Continuïteit van de zorg in het geding
Lesly maakte de groei in het aantal zzp’ers vanaf het begin zeer bewust mee. Hij licht toe: ’Toen we begonnen met het aanbieden van thuiszorg, werkten we met zowel werknemers in loondienst als zorgverleners op zzp-basis. Helaas ontdekten we al snel dat de zelfstandigen veel regie in eigen handen namen, waardoor er een ‘cherry picking-cultuur’ ontstond. De zzp’ers hadden namelijk de vrijheid om alleen de gunstige diensten aan te nemen en de werknemers in loondienst moesten de gaten opvullen. Het ging hierbij vooral om diensten die wat onhandiger waren; avond- of weekenddiensten bijvoorbeeld.’ Dit maakte dat de continuïteit in het geding kwam. ‘Het rondkrijgen van roosters was lastig waardoor het een steeds grotere uitdaging werd om kwaliteit te leveren. Dit terwijl dat bij ons juist zo hoog in het vaandel staat.’
Ook het team ondervond de nadelen van samenwerken met zzp’ers. Lesly legt uit: ‘De bedrijfscultuur móét op orde zijn. Een stabiele basis waarbij je onderling op elkaar kunt rekenen als collega’s is cruciaal. Wanneer er bijvoorbeeld problemen zijn met het rooster, moet je ervan uit kunnen gaan dat dit samen opgelost wordt. Door te werken met uitzendkrachten en zzp’ers kon ik die stabiele basis niet waarborgen.’ Hieruit vloeide dan ook de wens van het team voort om minder met zelfstandigen te werken. Lesly luisterde hiernaar. ‘Ik wil staan voor kwaliteit, zekerheid en vertrouwen en besloot vanaf dat moment om alleen nog maar te werken met zorgmedewerkers in vaste loondienst.’

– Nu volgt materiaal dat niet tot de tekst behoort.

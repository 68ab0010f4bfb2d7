-- ===== src/Provisioning/Book/Tests.antt =====
-- A deposit, its confirmation and a teardown.
use casper_agops_server.Prelude.{
  ℕ, ◌+◌, ltb, ◌≤◌, true, false, none, some, List, [], ◌∷◌, ◌≡◌, refl, arith,
}
use casper_agops_server.Provisioning.Book.{
  Lua, IsExact, Book, AllocationParams, funded, not_configured, evaluate_allocation,
  reserve_allocation, is_cooling, deposit_for, submit_deposit, record_pending, float_of, sweep_all,
  teardown_agent, Operation, deposits, confirms, tears_down, operate, run, empty_book,
}
use casper_agops_server.Provisioning.Book.Sums.{pending_sum, float_sum}
use casper_agops_server.Provisioning.Book.Balance.{IsBalanced, run-IsBalanced}
use casper_agops_server.Provisioning.Book.Solvency.{
  outstanding, run-IsSolvent, teardown_agent-reclaims,
}

abbrev deposit : AllocationParams
deposit = record {
  agent_id = 1;
  requested = 30;
  destination = "00aa";
  seconds_since_last_allocation = none;
  total_budget = 100;
  per_agent_max = 50;
  allowed_destinations = "00aa" ∷ [];
  cooldown_seconds = 60;
  funded_total = 80;
}

-- Numbers without rounding: a pair stands for its difference.
abbrev lua_test : Lua
lua_test = record {
  Number = ℕ × ℕ;
  tonumber = λ n. (n, 0);
  minus = λ x y. (x.0 + y.1, x.1 + y.0);
  is_greater = λ x y. ltb (y.0 + x.1) (x.0 + y.1);
}

lua_test-IsExact : IsExact lua_test
lua_test-IsExact ceiling committed reserved requested a b c d = ground arith

abbrev operations : List Operation
operations =
    deposits true funded 7 deposit
    ∷ deposits true not_configured 8 deposit
    ∷ confirms (some true) 7
    ∷ tears_down (λ id. some false) true 1
    ∷ []

empty_book-IsBalanced : IsBalanced empty_book
unfolding empty_book pending_sum float_sum
empty_book-IsBalanced = record { reserved_sum = refl; committed_sum = refl }

-- The third deposit would pass the deposited funds.
run-deposits :
    (run lua_test empty_book (
      deposits true funded 7 deposit
      ∷ deposits true funded 8 deposit
      ∷ deposits true funded 9 deposit
      ∷ [])).reserved
    ≡ 60
unfolding run operate deposit_for evaluate_allocation is_cooling reserve_allocation submit_deposit
    record_pending empty_book
run-deposits = refl

run-IsBalanced_example : IsBalanced (run lua_test empty_book operations)
run-IsBalanced_example = run-IsBalanced lua_test empty_book operations empty_book-IsBalanced

run-IsSolvent_example :
    (outstanding (run lua_test empty_book operations) ≤ 100)
    × (outstanding (run lua_test empty_book operations) ≤ 80)
unfolding empty_book
run-IsSolvent_example =
    run-IsSolvent lua_test empty_book operations 100 80 lua_test-IsExact (omega arith) (omega arith)
      empty_book-IsBalanced
      (
        (omega arith, omega arith, omega arith),
        ((omega arith, omega arith, omega arith), (tt, (tt, tt))),
      )
      (omega arith) (omega arith)

abbrev confirmed_book : Book
confirmed_book =
    run lua_test empty_book (deposits true funded 7 deposit ∷ confirms (some true) 7 ∷ [])

teardown_agent-reclaims_example :
    let swept = sweep_all (λ id. none) 1 (confirmed_book.pending 1) confirmed_book in
    let after = (teardown_agent (λ id. none) true 1 confirmed_book).0 in
    ((teardown_agent (λ id. none) true 1 confirmed_book).1
      ≡ some (float_of 1 swept.float_confirmed))
    × (float_of 1 after.float_confirmed ≡ 0)
    × (after.committed + float_of 1 swept.float_confirmed ≡ swept.committed)
    × (after.reserved ≡ pending_sum after.allocations)
teardown_agent-reclaims_example =
    teardown_agent-reclaims (λ id. none) 1 confirmed_book
      (run-IsBalanced lua_test empty_book
        (deposits true funded 7 deposit ∷ confirms (some true) 7 ∷ []) empty_book-IsBalanced)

Voordelen zzp-schap vooral voor de korte termijn
Vanuit het perspectief van de zorgverlener begrijpt Lesly de overstap naar zelfstandig ondernemerschap goed. ‘Maar’, zo gaat hij verder, ‘vaak denkt dit zorgpersoneel alleen aan de korte termijn. Ja, een zzp’er kan een hoger uurtarief vragen dan een loondienstmedewerker. En ja, ze kunnen flexibele diensten aannemen. Maar een langetermijnvisie wil er nog wel eens bij inschieten. Denk hierbij aan pensioenopbouw, of aan het wegvallen van financiële zekerheid bij ziekte. Terwijl de positie van zorgverleners in loondienst op de arbeidsmarkt lang niet zo slecht is als dat er vaak wordt gedacht. Vooral niet als je kijkt naar andere functies met soortgelijke studieniveaus.’ Hij vervolgt: ‘Bovenal wordt er vaak niet gedacht vanuit de behoefte van de zorgvrager. We horen regelmatig de term ‘hart voor de zorg’. De UmbraZorgers in vaste loondienst draaien álle diensten, of het nou weekend is of niet. Ik kan met zekerheid zeggen: zíj hebben hart voor de zorg.’
Daarnaast zijn er nog een aantal nadelige gevolgen die de zorgbehoevende aan het zzp’er-schap kan ondervinden, legt Lesly uit. ‘Door de onregelmatigheid van diensten, heeft de zzp’er minder contact met de cliënt en is hij of zij dus niet snel op de hoogte van ontwikkelingen in de gezondheid. Bovendien staat de sector niet stil. Medische hulpmiddelen en medicijnen zijn continu aan veranderingen onderhevig. Zo is een katheter van 10 jaar geleden niet meer hetzelfde als die van nu. Binnen UmbraZorg ligt er een grote focus op bijscholing en begeleiding. Bij zelfstandigen wil deze scholing er nog wel eens bij inschieten.’
Een duurzaam zorglandschap
Lesly wil bijdragen aan een duurzaam zorglandschap. Met het vermijden van zzp’ers en uitzendkrachten, wil hij ervoor zorgen dat de zorgvrager nu en in de toekomst centraal blijft staan en de medewerker in loondienst op nummer één. Hier ligt volgens hem dan ook de oplossing voor het probleem. Om hem heen ziet hij dat deze trend zich voortzet: ‘Er zijn nu meerdere zorgaanbieders die zzp’ers vermijden. Een goede zaak voor de toekomst van de sector. Zodat zorg betaalbaar én van kwaliteit blijft.’